Moving conductor in a magnetic field:
https://en.wikipedia.org/wiki/Moving_magnet_and_conductor_problem#Conductor_frame

A charge q in the conductor will be at rest in the conductor frame. Therefore, the magnetic force term of the Lorentz force has no effect,

[DJ_Juggernaut]

If you have a charged particle moving in the presence of a current, you will get a magnetic force.

Yes, the moving charged particle experiences a force given by F = qv * B, where v is the relative velocity between the particle (q) and the wire/magnet (B).

When you switch the frame: The particle is at rest. It is the current carrying wire (or magnet) that is moving at v, and therefore the stationary particle experiences a magnetic force via F = qv * B even though it is not moving. My question is, how can the magnetic force term be zero when you switch to the particle's frame?

Isn't the v in F = qv * B, the relative velocity; meaning the v is never zero between the particle and the magnet/wire?

On the other hand, if you are moving along at the same speed as the current, there is no current and, consequently, you will have no magnetic force.

As I understand it, it does not matter what direction a charged particle (q) moves relative to a current (carrying wire or magnet). The magnetic force will not be zero, as long as there exists a relative velocity (v) between the wire/magnet (B) and an external charged particle (q).

[TheVat]

Lincoln, over here.

Oops, sorry, DJ. Thought permissions included that forum, but I see now they don't. I should have put the tag over here.

[Lincoln]

The thing to remember is that it is possible to have a particle moving at the same velocity as the current. In that frame, there is no current.

That's the key point.

When you're talking about ordinary physics, you don't talk about the velocity of the current. You do define your velocity with respect to the wire. And current could be gobs of charge moving slowly or small amounts moving fast.

You have to distinguish between the wire, the motion of charge in the wire, and the relative motion of the charged particle with respect to both. But there are frames in which a particle in motion with respect to the wire is moving at a velocity such that when you jump to that particle's frame, there is no current.

[DJ_Juggernaut]

The thing to remember is that it is possible to have a particle moving at the same velocity as the current. In that frame, there is no current.

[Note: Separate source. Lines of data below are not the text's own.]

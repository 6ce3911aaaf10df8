-- ===== src/Projection/Intents.antt =====
-- The methods of `PlayerView` and `apply_player_intent` in crates/crownline_core/src/projection.rs.
use crownline.Prelude.{
  ℕ, ◌+◌, not, ◌&&◌, ◌||◌, Bool, true, false, Option, none, some, List, [], ◌∷◌, map, if◌then◌else◌,
  keep, find, contains, nat_beq, leb, abs_diff, ℤ, pos, negsuc, int_beq, sub_ℕ, Result, ◌>>◌,
  ensure, map_err,
}
use crownline.Prelude.Map
use crownline.Prelude.Map.{Map}
use crownline.Scenario.CoordSet
use crownline.Scenario.Types.{
  Coord, coord_beq, coord_eq, Player, player_beq, PieceKind, king, queen, rook, bishop, knight,
  pawn, kind_beq, is_mountain, ScenarioDefinition,
}
use crownline.State.Types.{PieceId, MatchState, Action}
use crownline.State.Repetition.{Digest}
use crownline.Rules.Events.{Transition, action_player}
use crownline.Rules.Action.{apply_action}
use crownline.Projection.Types.{
  KnownSquare, ViewPiece, SettlementView, ViewMandatoryChoice, promote_view, place_pawn_view,
  ViewTurnPhase, command_view, own_choices, private_choice, PlayerView, HoverView,
  PlayerIntentError, illegal_intent,
}

unfoldable pub hover : PlayerView → Coord → Option HoverView
hover view at = elim (find (λ square. coord_beq square.at at) view.squares) [
  | none ↦ none
  | some square ↦ some (record {
    at = at;
    currently_visible = contains view.visible at;
    square = square;
    piece = find (λ piece. coord_beq piece.at at) (Map.values view.pieces);
  })
]

abbrev double_i32 : ℤ → ℤ
double_i32 (pos n) = pos (n + n)
double_i32 (negsuc n) = negsuc (n + n + 1)

-- What a piece of a kind could reach on an empty board, by the two distances and the signed step.
abbrev pub reaches : PieceKind → ℕ → ℕ → Bool → Bool
reaches king dx dy forward = leb dx 1 && leb dy 1
reaches queen dx dy forward = nat_beq dx 0 || nat_beq dy 0 || nat_beq dx dy
reaches rook dx dy forward = nat_beq dx 0 || nat_beq dy 0
reaches bishop dx dy forward = nat_beq dx dy
reaches knight dx dy forward = nat_beq dx 1 && nat_beq dy 2 || nat_beq dx 2 && nat_beq dy 1
reaches pawn dx dy forward = forward

unfoldable pub piece_geometry_can_reach : ViewPiece → Coord → ℤ → Bool → Bool
piece_geometry_can_reach piece to pawn_forward_y allow_pawn_double_step =
    let dx = abs_diff piece.at.x to.x in
    let dy = abs_diff piece.at.y to.y in
    let forward = sub_ℕ to.y piece.at.y in
    reaches piece.kind dx dy (
      int_beq forward pawn_forward_y && leb dx 1
      || allow_pawn_double_step
        && not piece.has_moved
        && int_beq forward (double_i32 pawn_forward_y)
        && nat_beq dx 0)

-- The squares of the seat's own pieces.
abbrev pub own_occupied : PlayerView → List Coord
own_occupied view =
    map (λ piece. piece.at)
      (keep (λ piece. player_beq piece.owner view.seat) (Map.values view.pieces))

abbrev pub is_command_view : ViewTurnPhase → Bool
is_command_view command_view = true
is_command_view (own_choices queue) = false
is_command_view (private_choice player remaining) = false

abbrev pub may_enter : PlayerView → ViewPiece → Coord → Bool
may_enter view piece at =
    not (coord_beq at piece.at)
    && not (contains (own_occupied view) at)
    && (piece_geometry_can_reach piece at view.pawn_forward_y view.allow_pawn_double_step
        || kind_beq piece.kind king && contains view.own_castling_destinations at)

abbrev pub own_piece : Player → Option ViewPiece → Option ViewPiece
own_piece seat none = none
own_piece seat (some piece) = if player_beq piece.owner seat then some piece else none

unfoldable pub intent_candidates : PlayerView → PieceId → List Coord
unfolding piece_geometry_can_reach
intent_candidates view id =
    if not (player_beq view.active_player view.seat) || not (is_command_view view.phase)
    then []
    else elim (own_piece view.seat (Map.get id view.pieces)) [
      | none ↦ []
      | some piece ↦ keep (may_enter view piece) view.visible
    ]

-- The first choice of the queue is to place a Pawn of this settlement.
abbrev pub places_for : ℕ → List ViewMandatoryChoice → Bool
places_for index [] = false
places_for index (promote_view id site eligibility ∷ rest) = false
places_for index (place_pawn_view queued ∷ rest) = nat_beq queued index

abbrev pub may_place : PlayerView → SettlementView → KnownSquare → Bool
may_place view s square =
    contains view.visible square.at
    && not (is_mountain square.terrain)
    && not (contains (own_occupied view) square.at)
    && leb (abs_diff s.at.x square.at.x) 1
    && leb (abs_diff s.at.y square.at.y) 1
    && not (coord_beq square.at s.at)

abbrev pub place_in : PlayerView → ℕ → List ViewMandatoryChoice → List Coord
place_in view index queue =
    if not (places_for index queue) then [] else elim (Map.get index view.settlements) [
      | none ↦ []
      | some s ↦ CoordSet.of_list (map (λ square. square.at) (keep (may_place view s) view.squares))
    ]

abbrev pub candidates_in : PlayerView → ℕ → ViewTurnPhase → List Coord
candidates_in view index command_view = []
candidates_in view index (own_choices queue) = place_in view index queue
candidates_in view index (private_choice player remaining) = []

unfoldable pub placement_intent_candidates : PlayerView → ℕ → List Coord
placement_intent_candidates view index = candidates_in view index view.phase

unfoldable pub apply_player_intent :
    Digest → ScenarioDefinition → MatchState → Player → Action → Result Transition PlayerIntentError
apply_player_intent digest scenario state seat action = do
  ensure (player_beq (action_player action) seat) illegal_intent
  map_err (apply_action digest scenario state action) (λ _. illegal_intent)
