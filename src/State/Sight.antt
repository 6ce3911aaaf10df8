-- ===== src/State/Sight.antt =====
-- What a seat sees, and what it has explored: crates/crownline_core/src/state.rs.
use crownline.Prelude.{
  ℕ, zero, suc, ◌+◌, ◌≡◌, inl, inr, refl, ap, ◌∙◌, Bool, true, ◌&&◌, ◌||◌, Option, none, some, List,
  [], ◌∷◌, ◌++◌, map, arith, ltb, leb, nat_beq, Bool-cases, any, keep, flat_map, range_from,
  contains, Ensures,
}
use crownline.Scenario.Types.{
  Coord, BoardSize, is_within, coord_beq, coord_eq, coord_beq_iff, Player, north, south, player_beq,
  FogRules, ScenarioDefinition,
}
use crownline.Scenario.CoordSet.{contains-extend}
use crownline.State.Types.{ExplorationState, explored, MatchState}
use crownline.State.Steps.{from_step}
use crownline.State.Vision.{
  all_coordinates, friendly, sees, visible_coordinates_unchecked, check_context,
  exploration_or_default, learn, update_exploration_unchecked, update_exploration,
}

contains-append :
    (xs ys : List Coord) (at : Coord) → contains (xs ++ ys) at ≡ (contains xs at || contains ys at)
contains-append [] ys at = refl
contains-append (x ∷ xs) ys at = ground (arith, contains-append xs ys at)

contains-keep :
    (p : Coord → Bool) (cs : List Coord) (at : Coord)
    → contains (keep p cs) at ≡ (contains cs at && p at)
contains-keep p [] at = refl
contains-keep p (c ∷ cs) at = elim (Bool-cases (coord_beq c at)) [
  | inl same ↦ ground (arith, contains-keep p cs at, same, ap p ((coord_beq_iff c at).0 same))
  | inr other ↦ ground (arith, contains-keep p cs at, other)
]

contains-column :
    (x y n : ℕ) (at : Coord)
    → contains (map (λ y. record { x = x; y = y }) (range_from y n)) at
      ≡ (nat_beq x at.x && (leb y at.y && ltb at.y (y + n)))
contains-column x y zero at = ground arith
contains-column x y (suc n) at = ground (arith, contains-column x (suc y) n at)

contains-columns :
    (x n height : ℕ) (at : Coord)
    → contains
        (flat_map (λ x. map (λ y. record { x = x; y = y }) (range_from 0 height)) (range_from x n))
        at
      ≡ (leb x at.x && ltb at.x (x + n) && ltb at.y height)
contains-columns x zero height at = ground arith
contains-columns x (suc n) height at =
    rw
      (
        contains-append (map (λ y. record { x = x; y = y }) (range_from 0 height))
            (flat_map (λ x. map (λ y. record { x = x; y = y }) (range_from 0 height))
              (range_from (suc x) n))
            at,
        contains-column x 0 height at,
        contains-columns (suc x) n height at,
      )
      (ground arith)

contains-all_coordinates :
    (board : BoardSize) (at : Coord) → contains (all_coordinates board) at ≡ is_within at board
unfolding all_coordinates
contains-all_coordinates board at = contains-columns 0 board.width board.height at ∙ ground arith

-- The square is near enough to a piece of the player, or there is no fog.
abbrev pub in_sight : ScenarioDefinition → MatchState → Player → Coord → Bool
in_sight scenario state player at = elim scenario.rules.fog [
  | none ↦ true
  | some fog ↦ any (λ piece. sees fog.vision_radius piece at) (friendly state player)
]

-- A player sees exactly the squares of the board that lie within the vision radius of one of the
-- player's pieces, and without fog the whole board.
pub visible_coordinates_unchecked-contains :
    (scenario : ScenarioDefinition) (state : MatchState) (player : Player) (at : Coord)
    → contains (visible_coordinates_unchecked scenario state player) at
      ≡ (is_within at scenario.board && in_sight scenario state player at)
unfolding visible_coordinates_unchecked
visible_coordinates_unchecked-contains scenario state player at = go scenario.rules.fog
  where
    go :
        (fog : Option FogRules)
        → contains
            (elim fog [
              | none ↦ all_coordinates scenario.board
              | some fog ↦
                  keep
                    (λ at. any (λ piece. sees fog.vision_radius piece at) (friendly state player))
                    (all_coordinates scenario.board)
            ])
            at
          ≡ (is_within at scenario.board && elim fog [
            | none ↦ true
            | some fog ↦ any (λ piece. sees fog.vision_radius piece at) (friendly state player)
          ])
    go none = ground (arith, contains-all_coordinates scenario.board at)
    go (some fog) =
        rw
          (
            contains-keep
                (λ at. any (λ piece. sees fog.vision_radius piece at) (friendly state player))
                (all_coordinates scenario.board) at,
            contains-all_coordinates scenario.board at,
          )
          refl

-- What the players had explored, and nothing without a record.
abbrev pub explored_in : MatchState → Player → List Coord
explored_in state player = explored (exploration_or_default state.exploration) player

pub explored-learn :
    (scenario : ScenarioDefinition) (state : MatchState) (player other : Player)
    (knowledge : ExplorationState) (at : Coord)
    → contains (explored (learn scenario state player knowledge) other) at ≡ (
        contains (explored knowledge other) at
        || player_beq player other
          && contains (visible_coordinates_unchecked scenario state player) at)
unfolding learn
explored-learn scenario state north north knowledge at = contains-extend _ _ at
explored-learn scenario state north south knowledge at = ground arith
explored-learn scenario state south north knowledge at = ground arith
explored-learn scenario state south south knowledge at = contains-extend _ _ at

-- Each player has explored, besides what was explored before, exactly what the player sees.
abbrev pub Explores : ScenarioDefinition → MatchState → MatchState → Type 0
Explores scenario state next =
    (player : Player) (at : Coord)
    → contains (explored_in next player) at ≡ (
        contains (explored_in state player) at
        || contains (visible_coordinates_unchecked scenario state player) at)

abbrev pub known_before : MatchState → ExplorationState
known_before state = exploration_or_default state.exploration

exploration-updated :
    (scenario : ScenarioDefinition) (state : MatchState) (fog : FogRules)
    → scenario.rules.fog ≡ some fog
    → (update_exploration_unchecked scenario state).exploration
      ≡ some (learn scenario state south (learn scenario state north (known_before state)))
unfolding update_exploration_unchecked
exploration-updated scenario state fog e = ground (arith, e)

pub both_players :
    (player : Player) (known : Bool) (seen : Player → Bool)
    → ((known || player_beq north player && seen north) || player_beq south player && seen south)
      ≡ (known || seen player)
both_players north known seen = ground arith
both_players south known seen = ground arith

-- Under fog an update adds to what each player had explored exactly what the player sees, so nothing
-- is ever forgotten.
pub update_exploration-explored :
    (scenario : ScenarioDefinition) (state : MatchState) (fog : FogRules)
    → scenario.rules.fog ≡ some fog
    → Ensures (Explores scenario state) (update_exploration scenario state)
unfolding update_exploration
update_exploration-explored scenario state fog e =
    from_step (Explores scenario state) (check_context scenario state) _ λ _ _ player at.
      let first = explored-learn scenario state north player (known_before state) at in
      let second =
        explored-learn scenario state south player (learn scenario state north (known_before state))
          at in
      rw (exploration-updated scenario state fog e) (
        second
        ∙ rw first (
            both_players player (contains (explored_in state player) at)
              (λ p. contains (visible_coordinates_unchecked scenario state p) at)))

Lincoln, I think you are missing my question. My question hinges on whether v is relative in the following equation (particularly the magnetic force term):

F = qE + qv * B

Here's how I see it and I like to keep the scenario simple:

A current carrying wire is essentially a magnet. It has a field (B). An external charged particle (q) moves relative to this field (B). And by extension it is also moving relative to the wire. The velocity of the current is irrelevant here as it does not figure in the magnetic force term. All that matters is the magnetic field (B) and its relative velocity with respect to the charged particle (q). Hence you get:

F = qv * B in the magnet frame where the magnet is at rest and the particle is moving. And
F = Bv * q in the particle frame where the charged particle is at rest and the field lines B or the wire is moving.

Here v is the relative velocity between the field lines (B) and the charged particle (q). An indirect measure of the relative velocity v is indeed the relative velocity between the wire and the charged particle. Is any of this incorrect? If so, why?

You have to distinguish between the wire, the motion of charge in the wire, and the relative motion of the charged particle with respect to both.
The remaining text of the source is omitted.